Life after blockbusters was a topic of conversation for nearly every studio and theater-owner at CinemaCon 2024, the annual trade show for theatrical distribution, where leaders from the industry meet to discuss the state of movie-going. More than once, presenters from studios or theater owners mentioned the speech given at last year’s Academy Awards by American Fiction writer Cord Jefferson, who won Best Adapted Screenplay. Accepting the award, he implored studios, “instead of making one $200 million movie, try making 20 $10 million movies, or 50 $4 million movies.”
While blockbusters were also key talking points for the studios at CinemaCon 2024, nearly all of them had an impressive slate of mid-budget movies on their calendars for both 2024 and 2025, including M. Night Shyamalan’s Trap, Jeff Nichols’ The Bikeriders, Ti West’s MaXXXine, Longlegs, Speak No Evil, Smile 2, Bong Joon-ho’s Mickey 17, The Black Phone 2, and The Bride, just to name a few.
The most heavily discussed movie of the convention also happened to be a mid-budget hit. Angel Studios’ Sound of Freedom, a movie with a budget reportedly just under $15 million, made more than $184 million at the domestic box office, blowing away everyone’s expectations, and proving to studios that creative marketing can help turn even the most modest movies into massive hits. (The movie ends with a direct address from its lead actor asking those who enjoyed the movie to buy tickets for their friends.) On top of that, Sound of Freedom’s faith-based angle revived another principle of mid-budget films: Sometimes aiming for a specialty audience and making sure everyone in that group sees your film can be more profitable than trying to make a four-quadrant movie that ends up seeming bland to everyone.

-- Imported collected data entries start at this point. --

-- ===== src/ChangeSets/Machine.antt =====
-- The life of a change set as a state machine, which the operations of
-- app/services/change_set_store.py implement.
pub mod Commits
pub mod Operations
use test_gpt_local.Prelude.{
  ◌≡◌, ◌≢◌, refl, sym, ap, subst, ◌∙◌, String, Bool, true, false, ◌⊎◌, inl, inr, arith,
}
use test_gpt_local.ChangeSets.State.{
  Status, opened, validated, committing, recovery_required, committed, rolled_back, expired,
  is_active, ChangeSet,
}

-- From these statuses a change set may be edited.
pub data Editable : Status → Type 0 where
  opened_is : Editable opened
  validated_is : Editable validated

infix 40 ◌⟶◌ ◌⟶*◌
pub data ◌⟶◌ : Status → Status → Type 0 where
  validate : opened ⟶ validated
  reopen : validated ⟶ opened
  expire : {s : Status} → Editable s → s ⟶ expired
  discard : {s : Status} → Editable s → s ⟶ rolled_back
  start : validated ⟶ committing
  complete : committing ⟶ committed
  undo : committing ⟶ rolled_back
  doubt : committing ⟶ recovery_required

pub data ◌⟶*◌ : Status → Status → Type 0 where
  here : {s : Status} → s ⟶* s
  step : {s t u : Status} → s ⟶ t → t ⟶* u → s ⟶* u

-- What an operation keeps of a change set, and the path of its status.
pub record Follows (r r' : ChangeSet) : Type 0 where
  pub same_workspace : r'.workspace_id ≡ r.workspace_id
  pub same_base : r'.before_tree ≡ r.before_tree
  pub path : r.status ⟶* r'.status

pub Follows-refl : (r : ChangeSet) → Follows r r
Follows-refl r = record { same_workspace = refl; same_base = refl; path = here }

pub ⟶*-trans : {s t u : Status} → s ⟶* t → t ⟶* u → s ⟶* u
⟶*-trans here q = q
⟶*-trans (step e p) q = step e (⟶*-trans p q)

pub Follows-trans : {k l m : ChangeSet} → Follows k l → Follows l m → Follows k m
Follows-trans a b = record {
  same_workspace = b.same_workspace ∙ a.same_workspace;
  same_base = b.same_base ∙ a.same_base;
  path = ⟶*-trans a.path b.path;
}

-- No edge leads back to an active status.
⟶-active : {s t : Status} → s ⟶ t → is_active t ≡ true → is_active s ≡ true
unfolding is_active
⟶-active validate h = refl
⟶-active reopen h = refl
⟶-active (expire opened_is) h = refl
⟶-active (expire validated_is) h = refl
⟶-active (discard opened_is) h = refl
⟶-active (discard validated_is) h = refl
⟶-active start h = refl
⟶-active complete h = refl
⟶-active undo h = refl
⟶-active doubt h = refl

pub ⟶*-active : {s t : Status} → s ⟶* t → is_active t ≡ true → is_active s ≡ true
⟶*-active here h = h
⟶*-active (step e p) h = ⟶-active e (⟶*-active p h)

-- The statuses that no edge leaves.
abbrev pub is_final : Status → Bool
is_final opened = false
is_final validated = false
is_final committing = false
is_final _ = true

⟶-final : {s t : Status} → s ⟶ t → is_final s ≡ false
⟶-final validate = refl
⟶-final reopen = refl
⟶-final (expire opened_is) = refl
⟶-final (expire validated_is) = refl
⟶-final (discard opened_is) = refl
⟶-final (discard validated_is) = refl
⟶-final start = refl
⟶-final complete = refl
⟶-final undo = refl
⟶-final doubt = refl

pub ⟶*-final : {s t : Status} → s ⟶* t → is_final s ≡ true → t ≡ s
⟶*-final here h = refl
⟶*-final (step e p) h = cc (⟶-final e)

It’s not that blockbusters are going away completely. There’s still a Mission Impossible movie on the board for 2025, along with Fantastic Four, James Gunn’s Superman, and another Avatar movie. But the pendulum seems to be swinging back toward the center for the first time in more than a decade. Studios are finally starting to fill the middle of the yearly line-ups again. With the success of movies like Bullet Train, Smile, Barbarian, and even this year’s The Beekeeper, it’s getting more and more evident that audiences are eager for smaller, more interesting movies.